Work order: Copy out, from the entries below, each line that holds the string "most".

Dataset:
────────────────
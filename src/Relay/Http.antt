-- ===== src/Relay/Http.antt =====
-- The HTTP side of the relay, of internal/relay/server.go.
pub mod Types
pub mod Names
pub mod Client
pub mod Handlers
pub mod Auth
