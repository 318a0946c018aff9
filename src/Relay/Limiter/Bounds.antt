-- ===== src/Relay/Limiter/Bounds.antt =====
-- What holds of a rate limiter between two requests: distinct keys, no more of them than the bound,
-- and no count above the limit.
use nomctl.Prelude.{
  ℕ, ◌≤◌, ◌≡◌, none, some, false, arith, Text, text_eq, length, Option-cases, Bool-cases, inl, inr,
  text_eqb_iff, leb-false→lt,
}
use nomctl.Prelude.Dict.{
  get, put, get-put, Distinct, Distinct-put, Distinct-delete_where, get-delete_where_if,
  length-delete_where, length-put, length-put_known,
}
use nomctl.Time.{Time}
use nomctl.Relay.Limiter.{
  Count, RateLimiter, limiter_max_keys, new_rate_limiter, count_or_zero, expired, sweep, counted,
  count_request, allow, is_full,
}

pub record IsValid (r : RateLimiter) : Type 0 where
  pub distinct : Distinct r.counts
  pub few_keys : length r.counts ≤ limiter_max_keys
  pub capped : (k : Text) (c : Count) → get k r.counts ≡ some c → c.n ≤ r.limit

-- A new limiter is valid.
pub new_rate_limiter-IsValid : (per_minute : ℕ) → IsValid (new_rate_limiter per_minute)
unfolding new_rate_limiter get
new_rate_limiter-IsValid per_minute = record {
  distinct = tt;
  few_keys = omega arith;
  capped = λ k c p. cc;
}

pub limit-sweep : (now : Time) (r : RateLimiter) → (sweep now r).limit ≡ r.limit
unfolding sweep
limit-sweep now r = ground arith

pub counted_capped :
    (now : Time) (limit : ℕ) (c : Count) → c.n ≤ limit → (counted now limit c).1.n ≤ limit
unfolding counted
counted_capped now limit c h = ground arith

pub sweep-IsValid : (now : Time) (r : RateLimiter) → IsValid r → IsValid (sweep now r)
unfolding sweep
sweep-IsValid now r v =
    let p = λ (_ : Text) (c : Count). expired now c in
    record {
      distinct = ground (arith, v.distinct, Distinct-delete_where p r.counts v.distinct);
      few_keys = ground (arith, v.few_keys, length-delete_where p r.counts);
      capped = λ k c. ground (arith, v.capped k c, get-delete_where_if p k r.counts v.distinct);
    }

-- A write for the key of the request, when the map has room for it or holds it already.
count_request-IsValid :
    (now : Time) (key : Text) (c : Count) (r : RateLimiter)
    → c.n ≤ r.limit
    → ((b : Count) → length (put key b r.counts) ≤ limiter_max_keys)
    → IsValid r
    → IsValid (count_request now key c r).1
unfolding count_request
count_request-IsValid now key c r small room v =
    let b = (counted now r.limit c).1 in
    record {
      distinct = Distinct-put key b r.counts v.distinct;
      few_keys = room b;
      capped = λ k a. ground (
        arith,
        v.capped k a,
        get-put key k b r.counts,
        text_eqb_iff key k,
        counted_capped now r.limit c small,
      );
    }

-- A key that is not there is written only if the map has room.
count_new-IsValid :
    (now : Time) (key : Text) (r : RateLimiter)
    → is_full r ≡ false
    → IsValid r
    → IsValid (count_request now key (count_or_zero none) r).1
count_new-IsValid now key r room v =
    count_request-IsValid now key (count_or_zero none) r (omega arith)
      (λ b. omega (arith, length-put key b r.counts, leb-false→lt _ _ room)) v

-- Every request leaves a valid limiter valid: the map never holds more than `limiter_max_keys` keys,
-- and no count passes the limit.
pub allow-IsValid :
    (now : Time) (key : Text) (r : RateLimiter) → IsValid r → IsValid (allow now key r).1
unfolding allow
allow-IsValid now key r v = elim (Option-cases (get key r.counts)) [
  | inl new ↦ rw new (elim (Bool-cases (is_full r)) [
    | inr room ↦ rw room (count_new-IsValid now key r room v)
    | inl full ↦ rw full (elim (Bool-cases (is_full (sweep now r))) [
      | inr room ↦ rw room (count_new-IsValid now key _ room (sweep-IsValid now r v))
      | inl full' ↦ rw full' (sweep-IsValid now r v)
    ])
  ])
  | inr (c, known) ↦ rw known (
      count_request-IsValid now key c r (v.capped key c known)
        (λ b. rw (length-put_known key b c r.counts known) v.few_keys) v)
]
────────────────
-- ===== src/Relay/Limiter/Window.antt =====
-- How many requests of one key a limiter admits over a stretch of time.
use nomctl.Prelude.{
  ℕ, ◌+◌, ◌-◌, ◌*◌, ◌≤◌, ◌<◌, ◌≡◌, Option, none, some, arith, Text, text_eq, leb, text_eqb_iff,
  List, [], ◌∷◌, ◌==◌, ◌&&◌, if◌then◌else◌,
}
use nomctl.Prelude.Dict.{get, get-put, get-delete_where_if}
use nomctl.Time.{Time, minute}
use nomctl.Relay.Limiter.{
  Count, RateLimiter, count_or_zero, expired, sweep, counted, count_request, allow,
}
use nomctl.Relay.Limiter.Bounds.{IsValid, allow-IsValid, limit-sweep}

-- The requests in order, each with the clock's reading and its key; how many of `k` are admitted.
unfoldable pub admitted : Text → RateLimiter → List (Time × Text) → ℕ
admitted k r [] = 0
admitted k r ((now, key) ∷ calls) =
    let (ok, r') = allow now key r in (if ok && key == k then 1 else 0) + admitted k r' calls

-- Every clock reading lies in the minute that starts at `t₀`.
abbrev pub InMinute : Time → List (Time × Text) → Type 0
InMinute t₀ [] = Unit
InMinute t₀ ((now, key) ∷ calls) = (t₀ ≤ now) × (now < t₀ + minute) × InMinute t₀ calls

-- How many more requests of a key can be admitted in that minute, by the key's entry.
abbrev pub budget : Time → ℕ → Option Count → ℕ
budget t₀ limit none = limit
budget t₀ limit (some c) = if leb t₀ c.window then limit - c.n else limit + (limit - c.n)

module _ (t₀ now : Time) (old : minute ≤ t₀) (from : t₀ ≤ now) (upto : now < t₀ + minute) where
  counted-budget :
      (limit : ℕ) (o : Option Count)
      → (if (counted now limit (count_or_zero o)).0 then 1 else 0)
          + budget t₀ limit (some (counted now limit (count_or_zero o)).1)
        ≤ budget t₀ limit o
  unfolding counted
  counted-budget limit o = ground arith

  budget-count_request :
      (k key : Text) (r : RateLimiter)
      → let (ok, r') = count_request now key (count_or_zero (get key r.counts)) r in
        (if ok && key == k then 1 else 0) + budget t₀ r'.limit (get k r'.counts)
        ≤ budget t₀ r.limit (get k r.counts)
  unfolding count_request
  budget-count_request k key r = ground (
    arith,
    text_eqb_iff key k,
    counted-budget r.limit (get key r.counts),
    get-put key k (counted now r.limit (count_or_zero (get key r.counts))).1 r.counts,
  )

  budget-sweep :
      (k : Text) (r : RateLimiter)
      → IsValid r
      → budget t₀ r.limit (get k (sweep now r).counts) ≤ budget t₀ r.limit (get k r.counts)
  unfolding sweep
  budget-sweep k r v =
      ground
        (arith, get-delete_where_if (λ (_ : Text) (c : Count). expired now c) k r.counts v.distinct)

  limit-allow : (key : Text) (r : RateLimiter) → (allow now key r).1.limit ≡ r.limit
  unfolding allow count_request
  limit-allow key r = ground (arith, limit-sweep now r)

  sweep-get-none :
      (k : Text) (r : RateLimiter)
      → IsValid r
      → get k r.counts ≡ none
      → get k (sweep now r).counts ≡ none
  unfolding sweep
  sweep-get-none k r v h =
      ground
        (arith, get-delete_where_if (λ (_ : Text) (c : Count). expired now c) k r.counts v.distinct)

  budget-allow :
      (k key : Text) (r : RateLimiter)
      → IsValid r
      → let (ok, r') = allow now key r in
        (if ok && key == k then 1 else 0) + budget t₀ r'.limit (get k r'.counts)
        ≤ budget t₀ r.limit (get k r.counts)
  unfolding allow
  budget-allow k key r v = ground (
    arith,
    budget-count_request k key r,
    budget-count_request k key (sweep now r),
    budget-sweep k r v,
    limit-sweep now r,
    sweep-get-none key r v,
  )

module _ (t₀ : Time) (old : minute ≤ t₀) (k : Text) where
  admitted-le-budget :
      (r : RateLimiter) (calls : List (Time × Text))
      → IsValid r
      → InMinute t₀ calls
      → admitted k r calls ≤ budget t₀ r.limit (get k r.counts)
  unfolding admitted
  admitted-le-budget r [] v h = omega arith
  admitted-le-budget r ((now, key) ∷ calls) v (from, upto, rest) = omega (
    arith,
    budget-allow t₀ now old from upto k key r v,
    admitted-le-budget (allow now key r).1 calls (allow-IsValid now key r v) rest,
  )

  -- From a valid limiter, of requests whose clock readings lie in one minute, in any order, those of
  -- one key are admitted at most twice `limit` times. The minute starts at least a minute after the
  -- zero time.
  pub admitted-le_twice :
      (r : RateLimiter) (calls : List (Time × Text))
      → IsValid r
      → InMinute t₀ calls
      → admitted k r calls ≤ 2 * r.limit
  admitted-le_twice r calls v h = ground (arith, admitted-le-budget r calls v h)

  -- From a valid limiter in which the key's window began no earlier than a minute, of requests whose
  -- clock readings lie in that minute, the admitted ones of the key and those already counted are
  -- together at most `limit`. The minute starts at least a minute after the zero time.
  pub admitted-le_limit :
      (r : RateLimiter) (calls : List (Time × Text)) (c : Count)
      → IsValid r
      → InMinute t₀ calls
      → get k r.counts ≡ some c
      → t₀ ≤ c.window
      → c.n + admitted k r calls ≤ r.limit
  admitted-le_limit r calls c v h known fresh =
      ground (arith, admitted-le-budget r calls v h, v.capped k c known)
────────────────
Task output:
  -- one key are admitted at most twice `limit` times. The minute starts at least a minute after the
  -- together at most `limit`. The minute starts at least a minute after the zero time.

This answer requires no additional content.